Bond dealers expect rate cuts by RBI from March and this should be positive although FIIs may start withdrawing from emerging markets on US recovery

The government plans to borrow `5.79 trillion from the market in fiscal 2014, out of which `5 trillion worth of bonds have already been raised. Photo: MintPremium
The government plans to borrow `5.79 trillion from the market in fiscal 2014, out of which `5 trillion worth of bonds have already been raised. Photo: Mint

Mumbai: Calendar 2014 could be better for the bond market as bond dealers are expecting interest rates to fall on softening inflation. Since taking over the reins at the Reserve Bank of India (RBI) in September, governor Raghuram Rajan has raised the key rate twice by a quarter percentage point each before pressing the pause button in December despite rising inflation.

“Inflation is expected to be lower in 2014 and that should help RBI lower rates. Hopefully, 2014 will be a good year for the bond market," said N.S. Venkatesh, head of treasury at IDBI Bank Ltd and chairman of the Fixed Income Money Market and Derivatives Association of India, or FIMMDA.
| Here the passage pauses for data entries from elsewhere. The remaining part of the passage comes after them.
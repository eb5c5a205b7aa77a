-- ===== src/Lib.antt =====
-- rp2040-eth-panel: the firmware of a panel with two buttons, a lamp and two LED rings behind a
-- CH9120 Ethernet bridge, and the bootloader that updates it over the network.
--
-- The program has two images. The bootloader (firmware/bootloader) decides at every reset whether to
-- start the application or to receive a new one; both share the boot record, which is kept in two
-- flash sectors. The application (firmware/src) debounces the buttons, keeps the colours of the rings
-- and pushes them out, assembles command lines from the bytes of the network and answers them, and
-- confirms itself to the bootloader.
--
-- Files, and the code that they model:
--   Crc32          firmware/src/ota/crc32.c: `ota_crc32`; Remainder and Detect hold its two laws
--   Ota/Layout     firmware/src/ota/layout.h: the partition map and `boot_state_t`
--   Ota/Flash      the flash; erase and program of the Pico SDK are a record of two functions and
--                  their documented laws, `FlashDriver`
--   Ota/BootState  firmware/src/ota/boot_state.c: `boot_state_read`, `boot_state_write`
--   Ota/Boot       firmware/bootloader/main.c: `decide_boot_app`, and in Boot/Main
--                  `jump_to_app` and `main`; firmware/src/ota/ota_app.c:
--                  `ota_confirm`, `ota_request_update`
--   Ota/Reader     firmware/bootloader/recovery.c: `read_exact`, `read_command` and `read_u32`
--   Ota/Recovery   the same file: the receiver, one function for each command, and
--                  the loop as a number of rounds; Push puts a whole update together,
--                  Push/Retry adds chunks that are damaged or break off and are sent
--                  again, Push/Restart sessions that are cut and begun again, and Push/Go the
--                  reboot; Enough and Guard are about every input, Polls has
--                  the two waiting loops round by round, with the clock
--   Buttons        firmware/src/buttons/buttons.{h,c}
--   Rings          firmware/src/rings/rings.{h,c}; Rings/Flush is `rings_flush` of firmware/src/main.c
--                  with `rings_hw_push` of firmware/src/rings/rings_hw.c
--   StatusLed      firmware/src/status_led/status_led.c: the address flashed digit by digit
--   Config         firmware/src/config.h: pins, rates and the selected network settings
--   Net            firmware/src/net/net.c: the receive ring of the UART interrupt; Net/Interleave has
--                  the interrupt between the accesses of the main loop, and Net/Queue the ring as a
--                  queue, in Queue/Abstract as a quotient; Net/Bridge is `net_init` and
--                  `net_attach_data_mode`
--   AppTest        firmware/apptest/main.c: the blink program that tries the hand-over
--   Board          the set-up of the pins: `status_led_init`, `buttons_hw_init`, `rings_hw_init` of
--                  firmware/src/status_led, buttons and rings, and `net_init`
--   Protocol       firmware/src/protocol/protocol.{h,c}: extraction of fields, `proto_parse`, and the
--                  lines that are sent (Protocol/Format)
--   App            firmware/src/main.c: the assembly of lines; App/Dispatch is `dispatch`, App/Start
--                  the code in front of the loop and App/Loop a pass of the loop, App/SelfTest a
--                  pass of the self-test build; Buttons/Pins has
--                  the reads of firmware/src/buttons/buttons_hw.c
--   Life           the decision of the bootloader and the start of the application, over power cycles;
--                  Life/Reset is one reset with its recovery session, and Life/Update goes from the
--                  request of an update to the start of the new image
--   Prelude        shared names, Boolean tests, lists, words, signed integers and bit operations
--   Tests          concrete runs, with a flash driver in memory
--
-- State is passed explicitly: a C struct is a record, and a function that changes it returns the new
-- one. Integers are natural numbers with the wrap-around written out (`add32`, `sub32`, `u8`). The
-- flash is a function from offsets to bytes. What arrives from the network is a list of bytes and
-- silences, where a silence outlasts the timeout in force. A C string is the list of its bytes.
--
-- Bounds: a number is printed with at most ten digits, which hold every 32-bit value; `net_read`
-- runs on the `max` of its caller; the receiver's loop runs for a given number of rounds, one for
-- each frame that is sent, whole or not, being enough for an update, and as many as there are inputs
-- being enough for anything that arrives; the waiting loops run on the
-- rounds given, and for one of them the time is stated that is enough. All other loops are recursions
-- on their data.
--
-- The CH9120 is a parameter: a function from the trace of the calls so far to the bytes that become
-- readable during a read, so every bridge is covered, a silent or a faulty one included. The levels of
-- the pins, the clock, the times at which bytes arrive and those that stay in the hardware FIFO
-- across a flush are arguments of a pass.
--
-- Not modelled: log messages, delays that only wait, the bits of the Pico SDK that reset a peripheral (a
-- parameter), the WS2812 driver (firmware/src/status_led/ws2812.pio, a copy from the Pico examples),
-- and the programs of the host.
pub mod Prelude
pub mod Config
pub mod Board
pub mod AppTest
pub mod Crc32
pub mod Buttons
pub mod Rings
pub mod StatusLed
pub mod Net
pub mod Protocol
pub mod App
pub mod Ota
pub mod Life
pub mod Tests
According to bond dealers, the key factors to look out for in 2014 will be the new government formation and the extent to which the US Federal Reserve makes further cuts in its $85 billion a month asset purchase programme. Already the Fed has announced it will buy $10 billion less every month from January. The pace is expected to increase from the middle of 2014 and interest rates in the US could rise on economic recovery.

Much depends on the new government and its economic policy that will determine the market borrowing size. The fiscal deficit is expected to be under 5% next year and the new government’s economic policies will determine the extent of projected deficit, a key figure that bond dealers will be looking at.

Most bond dealers expect rate cuts by RBI from March and this should be positive for the bond market although foreign investors may start withdrawing from emerging markets on the back of a better US economic recovery. Bond yields could trade between 8-8.25% in the first quarter of 2014, said bond dealers.

Calendar 2013 was not a happy year for the Indian bond market. Suffering from an acute liquidity shortage, short-term treasury bond yields spiked up three percentage points in a fortnight in July as banks rushed to borrow 2.16 trillion from the central bank—a record for a single day.

Long-term bond yields inched up to a five-year high of 9.25% in August.

The reasons for the sharp movement was RBI’s liquidity tightening measures, taken to rein in a rapidly sliding rupee by cutting speculation.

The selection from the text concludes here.